I agree with @padix-key. I think we should drop the chain_id parameter.

tjmier commented 3 months ago

I sent an additional commit with the suggested changes as I understand them. It is worth noting that there may be instances where entity_poly.pdbx_strand_id is not equivalent to atom_site.label_asym_id. The structure used in the test function (PDB:5UGO) is an example of this where the strand ID is "T" and the asym_id is "A". This may be an edge case and I am unsure if it will cause issues but its worth mentioning.

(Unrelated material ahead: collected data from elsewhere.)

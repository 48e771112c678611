-- ===== src/OpenFlow/Controller/Adds.antt =====
-- Steps of the controller that do nothing but add flows and fill the port cache.
use k_vswitch.Prelude.{◌≡◌, refl, List, [], ◌∷◌, ◌++◌, All}
use k_vswitch.Result.{ok}
use k_vswitch.Exec.{◌>>◌, skip, logged, for_each}
use k_vswitch.Flows.{Flow}
use k_vswitch.Flows.Buffer.{FlowsBuffer, Command}
use k_vswitch.Flows.Buffer.Emits.{flat_map, Emits, put_flows, put_flows-append}
use k_vswitch.OpenFlow.Config.{Config}
use k_vswitch.OpenFlow.PortCache.{PortCache}
use k_vswitch.OpenFlow.Controller.{Controller, M, on_flows}

abbrev pub controller : Config → FlowsBuffer → PortCache → List Command → Controller
controller c b p i = record { config = c; flows = b; port_cache = p; issued = i }

-- From a port cache `p`, the code adds the flows of the list and leaves the port cache `p'`. It
-- neither fails nor panics, and runs no command.
pub record Adds (c : Config) (p : PortCache) (m : M (Unit {0})) (fs : List Flow) (p' : PortCache)
    : Type 0 where
  pub at :
      (b : FlowsBuffer) (i : List Command)
      → m (controller c b p i) ≡ (ok tt, controller c (put_flows fs b) p' i)

-- what each element adds, from the port cache that the elements before it leave
abbrev pub each_of :
    {X : Type 0}
    → (X → PortCache → List Flow × PortCache)
    → List X
    → PortCache
    → List Flow × PortCache
each_of step [] p = ([], p)
each_of step (x ∷ xs) p = let (fs, q) = step x p in let (gs, r) = each_of step xs q in (fs ++ gs, r)

module _ {c : Config} where
  pub Adds-skip : (p : PortCache) → Adds c p skip [] p
  Adds-skip p = record { at = λ b i. refl }

  pub Adds-on_flows :
      (p : PortCache) {m : _} {fs : List Flow} → Emits m fs → Adds c p (logged (on_flows m)) fs p
  Adds-on_flows p {m} {fs} h = record { at = λ b i. rw (h.at b) }

  pub Adds-seq :
      {p q r : PortCache} {m n : M (Unit {0})} {fs gs : List Flow}
      → Adds c p m fs q
      → Adds c q n gs r
      → Adds c p (m >> n) (fs ++ gs) r
  Adds-seq {p} {q} {r} {m} {n} {fs} {gs} h k = record {
    at = λ b i. rw (h.at b i, k.at (put_flows fs b) i, put_flows-append fs gs b);
  }

  pub Adds-for_each :
      {X : Type 0} (P : X → Type 0) (xs : List X) (body : X → M (Unit {0}))
      (step : X → PortCache → List Flow × PortCache)
      → ((x : X) → P x → (p : PortCache) → Adds c p (body x) (step x p).0 (step x p).1)
      → All P xs
      → (p : PortCache) → Adds c p (for_each xs body) (each_of step xs p).0 (each_of step xs p).1
  unfolding for_each
  Adds-for_each P [] body step each h p = Adds-skip p
  Adds-for_each P (x ∷ xs) body step each h p =
      Adds-seq (each x h.0 p) (Adds-for_each P xs body step each h.1 (step x p).1)

  pub Adds-loop :
      {X : Type 0} (P : X → Type 0) (xs : List X) (body : X → M (Unit {0})) (spec : X → List Flow)
      → ((x : X) → P x → (p : PortCache) → Adds c p (body x) (spec x) p)
      → All P xs
      → (p : PortCache) → Adds c p (for_each xs body) (flat_map spec xs) p
  unfolding for_each
  Adds-loop P [] body spec each h p = Adds-skip p
  Adds-loop P (x ∷ xs) body spec each h p =
      Adds-seq (each x h.0 p) (Adds-loop P xs body spec each h.1 p)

padix-key commented 3 months ago

Thanks for the changes. There are still remaining get_sequence() calls in

The strand ID is not matching atom_site.label_asym_id, but atom_site.auth_asym_id is. I am not sure what the rationale behind this is though, as the label_xxx fields should be the source of truth in the PDB.

tjmier commented 3 months ago

Please ignore those commits. I am still learning git and did not think those commits would be sent to this pull request. Again, apologies for silly mistakes. A lot of this is new to me.

padix-key commented 3 months ago

No problem. You may also convert this PR to a Draft PR to further indicate that this is work in progress

tjmier commented 3 months ago

The last commit is the one I would like to merge if possible.

padix-key commented 3 months ago

Looks good to me, however, one small adjustment is necessary: With the merge of #552 residue_coevolution.py is moved to doc/examples/scripts/sequence/homology/residue_coevolution.py. This merge conflict needs to be solved first. Furthermore, you may add yourself to CONTRIB.rst, if you like.